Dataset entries
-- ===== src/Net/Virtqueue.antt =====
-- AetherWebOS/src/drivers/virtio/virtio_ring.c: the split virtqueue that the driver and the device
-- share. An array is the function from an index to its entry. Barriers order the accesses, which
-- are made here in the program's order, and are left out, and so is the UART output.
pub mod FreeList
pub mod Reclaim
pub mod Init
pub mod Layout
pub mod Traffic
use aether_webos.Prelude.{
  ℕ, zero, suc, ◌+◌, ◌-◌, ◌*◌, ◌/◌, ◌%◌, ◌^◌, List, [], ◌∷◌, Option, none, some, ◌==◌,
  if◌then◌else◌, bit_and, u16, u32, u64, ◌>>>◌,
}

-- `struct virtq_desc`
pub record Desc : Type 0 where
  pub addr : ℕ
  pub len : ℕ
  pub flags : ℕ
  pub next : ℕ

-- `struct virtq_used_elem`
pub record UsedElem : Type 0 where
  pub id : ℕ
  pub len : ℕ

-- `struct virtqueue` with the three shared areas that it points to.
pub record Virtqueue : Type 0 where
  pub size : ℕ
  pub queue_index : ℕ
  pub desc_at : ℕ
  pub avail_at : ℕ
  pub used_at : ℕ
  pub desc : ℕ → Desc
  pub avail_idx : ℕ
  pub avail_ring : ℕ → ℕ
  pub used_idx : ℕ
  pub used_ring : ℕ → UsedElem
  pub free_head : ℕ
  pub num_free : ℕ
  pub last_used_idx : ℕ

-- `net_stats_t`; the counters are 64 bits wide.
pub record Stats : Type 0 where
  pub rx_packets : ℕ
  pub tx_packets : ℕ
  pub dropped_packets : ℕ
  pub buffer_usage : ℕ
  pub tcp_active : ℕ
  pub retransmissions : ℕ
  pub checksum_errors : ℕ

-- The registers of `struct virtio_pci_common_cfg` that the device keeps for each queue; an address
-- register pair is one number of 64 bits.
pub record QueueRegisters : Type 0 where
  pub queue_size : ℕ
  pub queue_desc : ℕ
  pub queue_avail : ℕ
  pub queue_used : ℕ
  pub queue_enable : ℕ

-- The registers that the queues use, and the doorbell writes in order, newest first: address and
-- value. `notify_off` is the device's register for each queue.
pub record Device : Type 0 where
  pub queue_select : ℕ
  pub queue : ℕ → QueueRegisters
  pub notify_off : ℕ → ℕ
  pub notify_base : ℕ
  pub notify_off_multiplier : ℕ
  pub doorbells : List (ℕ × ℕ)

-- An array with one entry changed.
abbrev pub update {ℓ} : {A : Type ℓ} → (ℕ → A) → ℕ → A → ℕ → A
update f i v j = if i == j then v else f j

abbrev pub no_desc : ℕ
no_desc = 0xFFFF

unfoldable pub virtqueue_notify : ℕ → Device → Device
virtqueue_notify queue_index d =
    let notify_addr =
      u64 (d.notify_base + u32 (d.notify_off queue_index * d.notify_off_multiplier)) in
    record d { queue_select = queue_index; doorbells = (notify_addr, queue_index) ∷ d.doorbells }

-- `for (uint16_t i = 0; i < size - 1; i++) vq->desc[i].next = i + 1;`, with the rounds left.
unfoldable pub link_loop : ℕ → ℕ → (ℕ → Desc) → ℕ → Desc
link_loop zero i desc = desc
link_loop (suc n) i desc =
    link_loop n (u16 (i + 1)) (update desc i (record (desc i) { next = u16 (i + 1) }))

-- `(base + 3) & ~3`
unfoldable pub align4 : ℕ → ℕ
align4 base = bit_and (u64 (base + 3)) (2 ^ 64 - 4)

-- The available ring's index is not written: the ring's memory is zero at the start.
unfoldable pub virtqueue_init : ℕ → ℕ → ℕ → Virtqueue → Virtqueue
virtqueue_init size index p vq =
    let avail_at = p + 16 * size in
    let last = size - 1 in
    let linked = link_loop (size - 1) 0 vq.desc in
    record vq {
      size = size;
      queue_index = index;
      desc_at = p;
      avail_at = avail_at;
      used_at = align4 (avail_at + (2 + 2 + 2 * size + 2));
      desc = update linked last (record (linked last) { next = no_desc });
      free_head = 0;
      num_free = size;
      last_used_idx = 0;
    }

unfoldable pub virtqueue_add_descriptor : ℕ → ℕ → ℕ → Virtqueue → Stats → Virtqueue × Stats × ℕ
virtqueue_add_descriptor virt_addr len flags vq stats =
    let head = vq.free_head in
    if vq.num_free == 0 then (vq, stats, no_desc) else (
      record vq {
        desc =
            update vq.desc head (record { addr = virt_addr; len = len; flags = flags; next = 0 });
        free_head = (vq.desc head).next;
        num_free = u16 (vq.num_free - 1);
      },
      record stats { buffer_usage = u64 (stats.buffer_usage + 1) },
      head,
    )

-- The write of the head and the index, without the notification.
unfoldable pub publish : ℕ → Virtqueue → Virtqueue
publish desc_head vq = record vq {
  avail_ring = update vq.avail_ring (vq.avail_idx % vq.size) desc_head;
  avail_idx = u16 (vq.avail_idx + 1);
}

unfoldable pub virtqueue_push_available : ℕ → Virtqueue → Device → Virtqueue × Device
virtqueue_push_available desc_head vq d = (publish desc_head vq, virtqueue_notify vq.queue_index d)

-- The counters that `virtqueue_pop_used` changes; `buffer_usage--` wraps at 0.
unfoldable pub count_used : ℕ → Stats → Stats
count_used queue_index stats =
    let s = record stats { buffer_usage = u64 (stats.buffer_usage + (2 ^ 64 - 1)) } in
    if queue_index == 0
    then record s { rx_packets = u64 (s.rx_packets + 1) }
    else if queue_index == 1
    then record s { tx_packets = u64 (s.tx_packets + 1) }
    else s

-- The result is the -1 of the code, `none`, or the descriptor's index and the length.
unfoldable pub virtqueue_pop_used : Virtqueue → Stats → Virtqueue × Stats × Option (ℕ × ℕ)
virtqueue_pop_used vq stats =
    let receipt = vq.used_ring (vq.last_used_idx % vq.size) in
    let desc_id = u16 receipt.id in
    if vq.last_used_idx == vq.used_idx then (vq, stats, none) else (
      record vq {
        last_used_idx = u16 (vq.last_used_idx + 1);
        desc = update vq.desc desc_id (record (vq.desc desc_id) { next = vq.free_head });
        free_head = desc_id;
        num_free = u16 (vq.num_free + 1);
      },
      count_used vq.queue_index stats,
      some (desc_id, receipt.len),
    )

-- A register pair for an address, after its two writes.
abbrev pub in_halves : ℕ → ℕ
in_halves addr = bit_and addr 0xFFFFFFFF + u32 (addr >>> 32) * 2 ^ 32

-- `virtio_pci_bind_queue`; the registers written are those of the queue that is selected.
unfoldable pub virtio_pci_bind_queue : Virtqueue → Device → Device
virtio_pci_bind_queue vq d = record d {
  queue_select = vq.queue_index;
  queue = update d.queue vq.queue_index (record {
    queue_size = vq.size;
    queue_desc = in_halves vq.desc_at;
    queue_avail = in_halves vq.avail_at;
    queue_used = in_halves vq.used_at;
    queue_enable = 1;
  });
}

#### WHAT THIS TASK INVOLVES:
I'd like every record written out exactly as given.

#### THE COMPLETED TASK:
-- ===== src/Net/Virtqueue.antt =====
-- AetherWebOS/src/drivers/virtio/virtio_ring.c: the split virtqueue that the driver and the device
-- share. An array is the function from an index to its entry. Barriers order the accesses, which
-- are made here in the program's order, and are left out, and so is the UART output.
pub mod FreeList
pub mod Reclaim
pub mod Init
pub mod Layout
pub mod Traffic
use aether_webos.Prelude.{
  ℕ, zero, suc, ◌+◌, ◌-◌, ◌*◌, ◌/◌, ◌%◌, ◌^◌, List, [], ◌∷◌, Option, none, some, ◌==◌,
  if◌then◌else◌, bit_and, u16, u32, u64, ◌>>>◌,
}

-- `struct virtq_desc`
pub record Desc : Type 0 where
  pub addr : ℕ
  pub len : ℕ
  pub flags : ℕ
  pub next : ℕ

-- `struct virtq_used_elem`
pub record UsedElem : Type 0 where
  pub id : ℕ
  pub len : ℕ

-- `struct virtqueue` with the three shared areas that it points to.
pub record Virtqueue : Type 0 where
  pub size : ℕ
  pub queue_index : ℕ
  pub desc_at : ℕ
  pub avail_at : ℕ
  pub used_at : ℕ
  pub desc : ℕ → Desc
  pub avail_idx : ℕ
  pub avail_ring : ℕ → ℕ
  pub used_idx : ℕ
  pub used_ring : ℕ → UsedElem
  pub free_head : ℕ
  pub num_free : ℕ
  pub last_used_idx : ℕ

-- `net_stats_t`; the counters are 64 bits wide.
pub record Stats : Type 0 where
  pub rx_packets : ℕ
  pub tx_packets : ℕ
  pub dropped_packets : ℕ
  pub buffer_usage : ℕ
  pub tcp_active : ℕ
  pub retransmissions : ℕ
  pub checksum_errors : ℕ

-- The registers of `struct virtio_pci_common_cfg` that the device keeps for each queue; an address
-- register pair is one number of 64 bits.
pub record QueueRegisters : Type 0 where
  pub queue_size : ℕ
  pub queue_desc : ℕ
  pub queue_avail : ℕ
  pub queue_used : ℕ
  pub queue_enable : ℕ

-- The registers that the queues use, and the doorbell writes in order, newest first: address and
-- value. `notify_off` is the device's register for each queue.
pub record Device : Type 0 where
  pub queue_select : ℕ
  pub queue : ℕ → QueueRegisters
  pub notify_off : ℕ → ℕ
  pub notify_base : ℕ
  pub notify_off_multiplier : ℕ
  pub doorbells : List (ℕ × ℕ)

-- An array with one entry changed.
abbrev pub update {ℓ} : {A : Type ℓ} → (ℕ → A) → ℕ → A → ℕ → A
update f i v j = if i == j then v else f j

abbrev pub no_desc : ℕ
no_desc = 0xFFFF

unfoldable pub virtqueue_notify : ℕ → Device → Device
virtqueue_notify queue_index d =
    let notify_addr =
      u64 (d.notify_base + u32 (d.notify_off queue_index * d.notify_off_multiplier)) in
    record d { queue_select = queue_index; doorbells = (notify_addr, queue_index) ∷ d.doorbells }

-- `for (uint16_t i = 0; i < size - 1; i++) vq->desc[i].next = i + 1;`, with the rounds left.
unfoldable pub link_loop : ℕ → ℕ → (ℕ → Desc) → ℕ → Desc
link_loop zero i desc = desc
link_loop (suc n) i desc =
    link_loop n (u16 (i + 1)) (update desc i (record (desc i) { next = u16 (i + 1) }))

-- `(base + 3) & ~3`
unfoldable pub align4 : ℕ → ℕ
align4 base = bit_and (u64 (base + 3)) (2 ^ 64 - 4)

-- The available ring's index is not written: the ring's memory is zero at the start.
unfoldable pub virtqueue_init : ℕ → ℕ → ℕ → Virtqueue → Virtqueue
virtqueue_init size index p vq =
    let avail_at = p + 16 * size in
    let last = size - 1 in
    let linked = link_loop (size - 1) 0 vq.desc in
    record vq {
      size = size;
      queue_index = index;
      desc_at = p;
      avail_at = avail_at;
      used_at = align4 (avail_at + (2 + 2 + 2 * size + 2));
      desc = update linked last (record (linked last) { next = no_desc });
      free_head = 0;
      num_free = size;
      last_used_idx = 0;
    }

unfoldable pub virtqueue_add_descriptor : ℕ → ℕ → ℕ → Virtqueue → Stats → Virtqueue × Stats × ℕ
virtqueue_add_descriptor virt_addr len flags vq stats =
    let head = vq.free_head in
    if vq.num_free == 0 then (vq, stats, no_desc) else (
      record vq {
        desc =
            update vq.desc head (record { addr = virt_addr; len = len; flags = flags; next = 0 });
        free_head = (vq.desc head).next;
        num_free = u16 (vq.num_free - 1);
      },
      record stats { buffer_usage = u64 (stats.buffer_usage + 1) },
      head,
    )

-- The write of the head and the index, without the notification.
unfoldable pub publish : ℕ → Virtqueue → Virtqueue
publish desc_head vq = record vq {
  avail_ring = update vq.avail_ring (vq.avail_idx % vq.size) desc_head;
  avail_idx = u16 (vq.avail_idx + 1);
}

unfoldable pub virtqueue_push_available : ℕ → Virtqueue → Device → Virtqueue × Device
virtqueue_push_available desc_head vq d = (publish desc_head vq, virtqueue_notify vq.queue_index d)

-- The counters that `virtqueue_pop_used` changes; `buffer_usage--` wraps at 0.
unfoldable pub count_used : ℕ → Stats → Stats
count_used queue_index stats =
    let s = record stats { buffer_usage = u64 (stats.buffer_usage + (2 ^ 64 - 1)) } in
    if queue_index == 0
    then record s { rx_packets = u64 (s.rx_packets + 1) }
    else if queue_index == 1
    then record s { tx_packets = u64 (s.tx_packets + 1) }
    else s

-- The result is the -1 of the code, `none`, or the descriptor's index and the length.
unfoldable pub virtqueue_pop_used : Virtqueue → Stats → Virtqueue × Stats × Option (ℕ × ℕ)
virtqueue_pop_used vq stats =
    let receipt = vq.used_ring (vq.last_used_idx % vq.size) in
    let desc_id = u16 receipt.id in
    if vq.last_used_idx == vq.used_idx then (vq, stats, none) else (
      record vq {
        last_used_idx = u16 (vq.last_used_idx + 1);
        desc = update vq.desc desc_id (record (vq.desc desc_id) { next = vq.free_head });
        free_head = desc_id;
        num_free = u16 (vq.num_free + 1);
      },
      count_used vq.queue_index stats,
      some (desc_id, receipt.len),
    )

-- A register pair for an address, after its two writes.
abbrev pub in_halves : ℕ → ℕ
in_halves addr = bit_and addr 0xFFFFFFFF + u32 (addr >>> 32) * 2 ^ 32

-- `virtio_pci_bind_queue`; the registers written are those of the queue that is selected.
unfoldable pub virtio_pci_bind_queue : Virtqueue → Device → Device
virtio_pci_bind_queue vq d = record d {
  queue_select = vq.queue_index;
  queue = update d.queue vq.queue_index (record {
    queue_size = vq.size;
    queue_desc = in_halves vq.desc_at;
    queue_avail = in_halves vq.avail_at;
    queue_used = in_halves vq.used_at;
    queue_enable = 1;
  });
}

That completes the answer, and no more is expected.